# 1935/36 Crafstman wood lathe



## Gatorjim (May 12, 2012)

My wife got a text from her boss wanting to know if I would want a wood lathe that her friend has in her garage. I ask her what she wanted for it and got just get it out of my garage. She sent a bad cell phone picture of it. I figured what the heck so went and got it this is what I got. The dark handle tools on the left are Craftsman the others are Walker-Turner Co Inc. The motor is a 1hp. it doesn't sound to good.


----------



## freddy1962 (Feb 27, 2014)

Nice score! Very cool old lathe.


----------



## LeTurbo (Jan 22, 2014)

I'd dig one of those! Send it this way ….


----------



## BigJerryWayne (Aug 23, 2012)

I would have picked it up too. Can't beat that price.


----------



## wormil (Nov 19, 2011)

The original motor was most likely a 1/3hp, 1/2hp was an optional upgrade. Having a 1hp will be nice, maybe a motor shop can get it back into fighting shape. Looks like it has bushings instead of bearings, might even be possible to swap 'em out if you don't want to mess with oiling them all the time. Spindle looks like mine which takes 6203zz - 3/4" x 40mm x 12mm bearings (yep, mixed standard/metric size).


----------



## JoeinGa (Nov 26, 2012)

Nice haul!

Dude, YOU SUCK!


----------



## Gatorjim (May 12, 2012)

UPDATE
I just found out that I can also have the band saw that is in this pic.
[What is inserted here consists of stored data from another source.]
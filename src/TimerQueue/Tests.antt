-- ===== src/TimerQueue/Tests.antt =====
-- The theorems about the timers at concrete inputs.
use mynuduo.Base.{
  ℕ, ◌+◌, ◌-◌, ◌*◌, ◌/◌, ◌≤◌, ◌<◌, ◌≡◌, refl, false, true, some, [], ◌∷◌, List, ltb, if◌then◌else◌,
  arith,
}
use mynuduo.TimerQueue.{
  Seconds, TimerQueue, Timer, Entry, get_expired, add_timer, cancel_in_loop, handle_read, reset,
  has_id, how_much_time_from_now, destruct, new,
}
use mynuduo.TimerQueue.Order.{CutAt}
use mynuduo.TimerQueue.Store.{has_addr, is_in}
use mynuduo.TimerQueue.Expire.{get_expired-CutAt}
use mynuduo.TimerQueue.Armed.{IsArmed}
use mynuduo.TimerQueue.Running.{Running}
use mynuduo.TimerQueue.Steps.{cancel_in_loop-Running}
use mynuduo.TimerQueue.Round.{KeepsRunning, Idle, handle_read-Idle}
use mynuduo.TimerQueue.Restart.{reset-cancel_in_loop}
use mynuduo.TimerQueue.Delay.{how_much_time_from_now_lem}
use mynuduo.TimerQueue.Life.{Reach, Reach-Idle, here, next, adds, fires}

abbrev whole_seconds : Seconds
whole_seconds = record { Double = ℕ; is_positive = ltb 0; micros = λ n. n * 1000000 }

-- The timer at address `a` is due at the time `a`.
abbrev timer_at : ℕ → Timer whole_seconds
timer_at a = record { expiration = a; interval = 0; repeat = false; sequence = a }

-- Timers due at 10, 20 and 30.
abbrev three_timers : TimerQueue whole_seconds
three_timers = record {
  memory = timer_at;
  live = 10 ∷ 20 ∷ 30 ∷ [];
  timers =
      record { when = 10; addr = 10 }
      ∷ record { when = 20; addr = 20 }
      ∷ record { when = 30; addr = 30 }
      ∷ [];
  active =
      record { addr = 10; sequence = 10 }
      ∷ record { addr = 20; sequence = 20 }
      ∷ record { addr = 30; sequence = 30 }
      ∷ [];
  calling = false;
  canceling = [];
  created = 3;
  armed = some (record { at = 5; seconds = 0; nanoseconds = 100000 });
}

three_timers-IsArmed : IsArmed whole_seconds three_timers
three_timers-IsArmed = record {
  sorted = ((refl, (refl, tt)), ((refl, tt), (tt, tt)));
  fires = omega arith;
}

get_expired-CutAt_example :
    CutAt 20 three_timers.timers
      (get_expired whole_seconds 20 three_timers).0
      (get_expired whole_seconds 20 three_timers).1.timers
get_expired-CutAt_example =
    get_expired-CutAt whole_seconds 20 three_timers three_timers-IsArmed.sorted
      (omega arith, (omega arith, (omega arith, tt)))

three_timers-Idle : Idle whole_seconds three_timers
unfolding has_addr is_in has_id
three_timers-Idle = record {
  running = record {
    sorted = three_timers-IsArmed.sorted;
    distinct = (refl, (refl, (refl, tt)));
    timed = (refl, (refl, (refl, tt)));
    valid = omega arith;
    real = omega arith;
    in_hand = tt;
    real_in_hand = tt;
    apart = λ a. ground arith;
    live = λ a. ground arith;
    active = λ i. ground arith;
  };
  fires = omega arith;
}

-- The timer called cancels itself.
abbrev cancels_itself : ℕ → TimerQueue whole_seconds → TimerQueue whole_seconds
cancels_itself a = cancel_in_loop whole_seconds (record { addr = a; sequence = a })

cancels_itself-KeepsRunning : KeepsRunning whole_seconds cancels_itself
cancels_itself-KeepsRunning a es q v =
    cancel_in_loop-Running whole_seconds (record { addr = a; sequence = a }) v

handle_read-Idle_example :
    Idle whole_seconds (handle_read whole_seconds 25 26 cancels_itself three_timers)
handle_read-Idle_example =
    handle_read-Idle whole_seconds 25 26 cancels_itself three_timers (omega arith)
      cancels_itself-KeepsRunning three_timers-Idle

-- The timer at 10, which repeats every five seconds, is in hand, and the one at 30 waits.
abbrev in_hand : List Entry
in_hand = record { when = 10; addr = 10 } ∷ []

abbrev one_in_hand : TimerQueue whole_seconds
one_in_hand = record {
  memory = λ a. record (timer_at a) { interval = 5; repeat = true };
  live = 30 ∷ 10 ∷ [];
  timers = record { when = 30; addr = 30 } ∷ [];
  active = record { addr = 30; sequence = 30 } ∷ [];
  calling = true;
  canceling = [];
  created = 2;
  armed = some (record { at = 5; seconds = 0; nanoseconds = 100000 });
}

one_in_hand-Running : Running whole_seconds in_hand one_in_hand
unfolding has_addr is_in has_id
one_in_hand-Running = record {
  sorted = (tt, tt);
  distinct = (refl, tt);
  timed = (refl, tt);
  valid = omega arith;
  real = omega arith;
  in_hand = (refl, tt);
  real_in_hand = omega arith;
  apart = λ a. ground arith;
  live = λ a. ground arith;
  active = λ i. ground arith;
}

in_hand_has : has_addr 10 in_hand ≡ true
unfolding has_addr
in_hand_has = refl

reset-cancel_in_loop_example :
    let t = reset whole_seconds in_hand 12 13 (cancels_itself 10 one_in_hand) in
    (has_addr 10 t.timers ≡ false) × (is_in 10 t.live ≡ false)
reset-cancel_in_loop_example =
    reset-cancel_in_loop whole_seconds 12 13 in_hand (record { addr = 10; sequence = 10 })
      one_in_hand (omega arith) one_in_hand-Running refl in_hand_has refl

how_much_time_from_now_lem_example :
    let (seconds, nanoseconds) = how_much_time_from_now 7 2500007 in
    (nanoseconds < 1000000000)
    × ((seconds * 1000000000 + nanoseconds) / 1000
        ≡ (if ltb 2500007 (7 + 100) then 100 else 2500007 - 7))
    × (2500007 ≤ 7 + (seconds * 1000000000 + nanoseconds) / 1000)
    × (0 < seconds * 1000000000 + nanoseconds)
how_much_time_from_now_lem_example = how_much_time_from_now_lem 7 2500007

-- A timer is added and fires.
abbrev fired : TimerQueue whole_seconds
fired =
    handle_read whole_seconds 25 26 cancels_itself
      (add_timer whole_seconds 1 40 20 5 (new whole_seconds timer_at)).1

fired-Reach : Reach whole_seconds timer_at fired
unfolding is_in
fired-Reach =
    next (next here (adds 1 40 20 5 refl (omega arith) (omega arith)))
      (fires 25 26 cancels_itself (omega arith) cancels_itself-KeepsRunning)

Reach-Idle_example :
    Idle whole_seconds fired × ((a : ℕ) → is_in a (destruct whole_seconds fired).live ≡ false)
Reach-Idle_example = Reach-Idle whole_seconds fired-Reach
You can see it in the corner under some junk I don't even know what it is but its free so next Saturday i will go get it. I accidently took this pic putting my phone in its case


----------



## rtutsky (Oct 14, 2012)

Instant machinery at a price you just can't beat. Have fun cleaning, restoring and tuning… good luck with them.


----------



## IHRedRules (May 11, 2014)

It's hard to tell exactly what that band saw is, but it resembles the craftsman 12" tilting head saw that I have. I'm going mostly by the base to make my guess, so I could totally be wrong.


----------